TASK DESCRIPTION >> Once the line containing "(activate deps w ns name log).1" is found in the entries below, restate it and each following line word for word, stopping after the line containing "-- If deactivate".

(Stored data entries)
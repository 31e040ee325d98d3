-- ===== src/Kubectl/Listing.antt =====
-- The commands list and create of the kubectl plugin (pkg/kubect-dns/list.go and new.go) and the
-- namespace that pkg/kubect-dns/root.go gives them. The columns of `columnize` and the YAML of a
-- record are parameters.
use mathlib.Core.List.{append_assoc}
use k8s_dns_manager.Prelude.{
  ◌≡◌, refl, sym, All-append, arith, ap, ◌∙◌, Bool, true, false, Option, none, some, List, [], ◌∷◌,
  ◌++◌, Text, codes, All, map, external, invalid_record, Result, ok, err, text_eq, if◌then◌else◌,
}
use k8s_dns_manager.GoStrings.{split_from, join}
use k8s_dns_manager.Deps.{Deps, Rr}
use k8s_dns_manager.Ptr.{to_bool}
use k8s_dns_manager.Api.{DnsRecord}
use k8s_dns_manager.Record.{from_rr, to_rr}
use k8s_dns_manager.Record.RoundTrip.{IsFaithful, to_rr-from_rr}
use k8s_dns_manager.Errors.{error_text}
use k8s_dns_manager.Controllers.{Call, list, World, Run}
use k8s_dns_manager.Corefile.Words.{lines, IsLine, lines_from-line}

-- The namespace of the configuration, or the default one.
unfoldable pub namespace_of : Text → Text
namespace_of configured = if text_eq configured [] then codes "default" else configured

-- strconv.FormatBool
abbrev bool_text : Bool → Text
bool_text b = if b then codes "true" else codes "false"

-- `fmt.Printf("%s/%s\n", v.Namespace, v.Name)` for each record
unfoldable pub key_lines : List DnsRecord → Text
key_lines [] = []
key_lines (v ∷ vs) = v.metadata.namespace ++ (b'/' ∷ (v.metadata.name ++ (b'\n' ∷ key_lines vs)))

abbrev pub key_text : DnsRecord → Text
key_text v = v.metadata.namespace ++ (b'/' ∷ v.metadata.name)

-- A row of the table.
unfoldable pub row : Text → DnsRecord → Text
row ns v =
    join
      (v.metadata.name
        ∷ ns
        ∷ bool_text (to_bool v.status.active)
        ∷ split_from (b'\t') [] v.status.printed)
      (codes " | ")

abbrev header : Text
header = codes "NAME  | NAMESPACE | ACTIVE | RECORD | TTL | | TYPE | VALUE"

module _ (columnize : List Text → Text) (ns : Text) where
  shown : Bool → List DnsRecord → Text
  shown quiet [] = codes "No resources found in " ++ (ns ++ codes " namespace.\n")
  shown true (v ∷ vs) = key_lines (v ∷ vs)
  shown false (v ∷ vs) = columnize (header ∷ map (row ns) (v ∷ vs)) ++ codes "\n"

  listed : Bool → Result (List DnsRecord) → Result Text
  listed quiet (err e) = err e
  listed quiet (ok items) = ok (shown quiet items)

  -- What is printed; a list without a namespace is of all namespaces.
  unfoldable pub list_records : World → Bool → Bool → Run (Result Text)
  unfolding listed shown
  list_records w all_namespaces quiet log =
      let scope = if all_namespaces then [] else ns in
      (listed quiet (w.on_list log scope), list scope ∷ log)

module _ (deps : Deps) (ns : Text) where
  created : Text → Result (Option Rr) → Result DnsRecord
  created text (err e) =
      err (external (codes "invalid record: '" ++ (text ++ (codes "': " ++ error_text e))))
  created text (ok none) = err (invalid_record text)
  created text (ok (some rr)) =
      let r = from_rr deps rr in ok (record r { metadata = record r.metadata { namespace = ns } })

  -- The record that is marshalled.
  unfoldable pub create_record : Text → Result DnsRecord
  unfolding created
  create_record text = created text (deps.new_rr text)

lines-key_lines :
    (vs : List DnsRecord)
    → All (λ v. IsLine v.metadata.namespace × IsLine v.metadata.name) vs
    → lines (key_lines vs) ≡ map key_text vs ++ [] ∷ []
unfolding key_lines split_from
lines-key_lines [] h = refl
lines-key_lines (v ∷ vs) h =
    let prefix : Text = v.metadata.namespace ++ (b'/' ∷ v.metadata.name) in
    ap lines
      (sym (append_assoc v.metadata.namespace (b'/' ∷ v.metadata.name) (b'\n' ∷ key_lines vs)))
    ∙ lines_from-line [] prefix (b'\n' ∷ key_lines vs)
        (All-append _ v.metadata.namespace _ h.0.0 ((λ e. omega (arith, e)), h.0.1))
    ∙ ap (λ r. prefix ∷ r) (lines-key_lines vs h.1)

-- The quiet list of a server that answers with records prints a line for each of them, in their
-- order, with its own namespace and its name, if no namespace or name has a line break.
pub list_records-quiet :
    (columnize : List Text → Text) (ns : Text) (w : World) (all_namespaces : Bool) (log : List Call)
    (v : DnsRecord) (vs : List DnsRecord)
    → w.on_list log (if all_namespaces then [] else ns) ≡ ok (v ∷ vs)
    → All (λ v. IsLine v.metadata.namespace × IsLine v.metadata.name) (v ∷ vs)
    → (out : Text) × ((list_records columnize ns w all_namespaces true log).0 ≡ ok out)
      × (lines out ≡ map key_text (v ∷ vs) ++ [] ∷ [])
unfolding list_records listed shown
list_records-quiet columnize ns w all_namespaces log v vs e h =
    (key_lines (v ∷ vs), rw e refl, lines-key_lines (v ∷ vs) h)

-- If the text parses as a resource record that FromRR loses nothing of, create makes a DNSRecord
-- in the plugin's namespace that ToRR converts back to the resource record.
pub create_record-read :
    (deps : Deps) (ns text : Text) (rr : Rr)
    → deps.new_rr text ≡ ok (some rr)
    → IsFaithful deps rr rr.header rr.rdata
    → (r : DnsRecord) × (create_record deps ns text ≡ ok r)
      × (r.metadata.namespace ≡ ns)
      × (to_rr deps r ≡ ok rr)
unfolding create_record created to_rr
create_record-read deps ns text rr e h =
    let r = from_rr deps rr in
    (
      record r { metadata = record r.metadata { namespace = ns } },
      rw e refl,
      refl,
      to_rr-from_rr deps rr h,
    )
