-- ===== src/Kubectl/Root.antt =====
-- What pkg/kubect-dns/root.go does before a command, and the whole command create
-- (pkg/kubect-dns/new.go). The configuration that the flags lead to, the YAML of a DNSRecord and the
-- standard output are parameters.
use k8s_dns_manager.Prelude.{
  ◌≡◌, refl, Bool, Option, none, some, Text, Error, Result, ok, err, ◌>>=◌,
}
use k8s_dns_manager.Deps.{Deps, Rr}
use k8s_dns_manager.Api.{DnsRecord}
use k8s_dns_manager.Record.{to_rr}
use k8s_dns_manager.Record.RoundTrip.{IsFaithful}
use k8s_dns_manager.Kubectl.Listing.{namespace_of, create_record, create_record-read}

-- What Namespace returns, of which the program takes the text alone, and the errors of
-- ToRESTConfig and of the construction of the client.
pub record Flags : Type 0 where
  pub namespace : Text × Bool × Option Error
  pub rest_config : Option Error
  pub client : Option Error

-- yaml.Marshal, and the error of the write to the standard output.
pub record Output : Type 0 where
  pub marshal : DnsRecord → Result Text
  pub write : Text → Option Error

unfoldable pub checked : Option Error → Text → Result Text
checked (some e) v = err e
checked none v = ok v

-- The namespace that the command is given, or the error that keeps it from running.
unfoldable pub pre_run : Flags → Result Text
unfolding checked
pre_run f = do ns ← checked f.rest_config (namespace_of f.namespace.0); checked f.client ns

-- What runs behind `pre_run` is only asked for at the namespace of the flags.
pre_run-same :
    (f : Flags) (g h : Text → Result Text)
    → g (namespace_of f.namespace.0) ≡ h (namespace_of f.namespace.0)
    → (do ns ← pre_run f; g ns) ≡ (do ns ← pre_run f; h ns)
unfolding pre_run checked
pre_run-same f g h e = same f.rest_config f.client
  where
    same :
        (a b : Option Error)
        → (do ns ← (do ns ← checked a (namespace_of f.namespace.0); checked b ns); g ns)
          ≡ (do ns ← (do ns ← checked a (namespace_of f.namespace.0); checked b ns); h ns)
    same none none = e
    same none (some _) = refl
    same (some _) b = refl

module _ (deps : Deps) (f : Flags) (out : Output) where
  unfoldable pub printed : Text → Text → Result Text
  unfolding checked
  printed ns text = do r ← create_record deps ns text; b ← out.marshal r; checked (out.write b) b

  -- The command with what runs before it: what is written, or its error.
  unfoldable pub create : Text → Result Text
  unfolding pre_run printed
  create text = do ns ← pre_run f; printed ns text

  -- If the text parses as a resource record that FromRR loses nothing of, create ends in the error
  -- of the configuration, of the client, of the YAML or of the write, or writes the YAML of a
  -- DNSRecord that ToRR converts back to the resource record, in the namespace of the flags.
  pub create-converted :
      (text : Text) (rr : Rr)
      → deps.new_rr text ≡ ok (some rr)
      → IsFaithful deps rr rr.header rr.rdata
      → (r : DnsRecord) × (create text
          ≡ (do ns ← pre_run f; b ← out.marshal r; checked (out.write b) b))
        × (r.metadata.namespace ≡ namespace_of f.namespace.0)
        × (to_rr deps r ≡ ok rr)
  unfolding create printed
  create-converted text rr parsed faithful =
      let (r, made, there, converts) =
        create_record-read deps (namespace_of f.namespace.0) text rr parsed faithful in
      (r, pre_run-same f _ _ (rw made refl), there, converts)
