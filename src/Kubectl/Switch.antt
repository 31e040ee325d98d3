-- ===== src/Kubectl/Switch.antt =====
-- What get finds, and what activate and deactivate write.
use k8s_dns_manager.Prelude.{
  ◌≡◌, refl, ◌⊎◌, Bool, true, false, Option, none, some, List, [], ◌∷◌, Text, not_found, Result, ok,
  err, arith, text_eq_iff,
}
use k8s_dns_manager.Deps.{Deps, Rr}
use k8s_dns_manager.Ptr.{to_bool_d}
use k8s_dns_manager.Api.{DnsRecord}
use k8s_dns_manager.Controllers.{Call, get, update, World}
use k8s_dns_manager.Kubectl.{
  find_printed, key_of, searched, by_text, get_record, with_active, activated, deactivated,
  activate, deactivate,
}

pub find_printed-printed :
    (name text : Text) (vs : List DnsRecord) (r : DnsRecord)
    → find_printed name text vs ≡ ok r
    → r.status.printed ≡ text
unfolding find_printed
find_printed-printed name text [] r e = cc
find_printed-printed name text (v ∷ vs) r e =
    ground (arith, find_printed-printed name text vs r, text_eq_iff v.status.printed text)

module _ (deps : Deps) (w : World) (ns : Text) where
  searched-printed :
      (name : Text) (rr : Rr) (res : Result (List DnsRecord)) (r : DnsRecord)
      → searched deps w ns name rr res ≡ ok r
      → r.status.printed ≡ deps.rr_string rr
  unfolding searched
  searched-printed name rr (err e) r h = cc
  searched-printed name rr (ok items) r h = find_printed-printed name (deps.rr_string rr) items r h

  by_text-printed :
      (name : Text) (res : Result (Option Rr)) (log : List Call) (r : DnsRecord)
      → (by_text deps w ns name res log).0 ≡ ok r
      → (rr : Rr) × (res ≡ ok (some rr)) × (r.status.printed ≡ deps.rr_string rr)
  unfolding by_text
  by_text-printed name (err e) log r h = cc
  by_text-printed name (ok none) log r h = cc
  by_text-printed name (ok (some rr)) log r h =
      (rr, refl, searched-printed name rr (w.on_list log []) r h)

  -- The record is as wanted, and nothing was called after `log`, or it was written with nothing
  -- changed but that it is now as wanted.
  abbrev pub IsSwitched : Bool → DnsRecord → List Call → List Call → Type 0
  IsSwitched b r log log' =
      ((to_bool_d r.spec.active true ≡ b) × (log' ≡ log))
      ⊎ ((w.on_write log (update (with_active b r)) ≡ none)
          × (log' ≡ update (with_active b r) ∷ log))

  activated-IsSwitched :
      (res : Result DnsRecord) (log : List Call)
      → (activated deps w ns res log).0 ≡ none
      → (r : DnsRecord) × (res ≡ ok r) × IsSwitched true r log (activated deps w ns res log).1
  unfolding activated to_bool_d
  activated-IsSwitched (err e) log h = cc
  activated-IsSwitched (ok r) log h = (r, refl, ground arith)

  deactivated-IsSwitched :
      (res : Result DnsRecord) (log : List Call)
      → (deactivated deps w ns res log).0 ≡ none
      → (r : DnsRecord) × (res ≡ ok r) × IsSwitched false r log (deactivated deps w ns res log).1
  unfolding deactivated to_bool_d
  deactivated-IsSwitched (err e) log h = cc
  deactivated-IsSwitched (ok r) log h = (r, refl, ground arith)

  -- If activate returns no error, it has found the record, and either the record already was
  -- active and nothing was written, or the record was written without an error and with nothing
  -- changed but that it is now active.
  pub activate-IsSwitched :
      (name : Text) (log : List Call)
      → (activate deps w ns name log).0 ≡ none
      → (r : DnsRecord) × ((get_record deps w ns name log).0 ≡ ok r)
        × IsSwitched true r (get_record deps w ns name log).1 (activate deps w ns name log).1
  unfolding activate
  activate-IsSwitched name log = activated-IsSwitched (get_record deps w ns name log).0 _

  -- If deactivate returns no error, it has found the record, and either the record already was
  -- inactive and nothing was written, or the record was written without an error and with nothing
  -- changed but that it is now inactive.
  pub deactivate-IsSwitched :
      (name : Text) (log : List Call)
      → (deactivate deps w ns name log).0 ≡ none
      → (r : DnsRecord) × ((get_record deps w ns name log).0 ≡ ok r)
        × IsSwitched false r (get_record deps w ns name log).1 (deactivate deps w ns name log).1
  unfolding deactivate
  deactivate-IsSwitched name log = deactivated-IsSwitched (get_record deps w ns name log).0 _

-- If the API server has no object of the name, a record that get returns has a status that prints
-- the resource record that the name is parsed as.
pub get_record-printed :
    (deps : Deps) (w : World) (ns name why : Text) (log : List Call) (r : DnsRecord)
    → w.on_get log (key_of ns name) ≡ err (not_found why)
    → (get_record deps w ns name log).0 ≡ ok r
    → (rr : Rr) × (deps.new_rr name ≡ ok (some rr)) × (r.status.printed ≡ deps.rr_string rr)
unfolding get_record
get_record-printed deps w ns name why log r missing e =
    let sought : (by_text deps w ns name (deps.new_rr name) (get (key_of ns name) ∷ log)).0 ≡ ok r =
      rw missing at e in
    by_text-printed deps w ns name (deps.new_rr name) (get (key_of ns name) ∷ log) r sought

EXERCISE RESULT >>
        × IsSwitched true r (get_record deps w ns name log).1 (activate deps w ns name log).1
  unfolding activate
  activate-IsSwitched name log = activated-IsSwitched (get_record deps w ns name log).0 _

  -- If deactivate returns no error, it has found the record, and either the record already was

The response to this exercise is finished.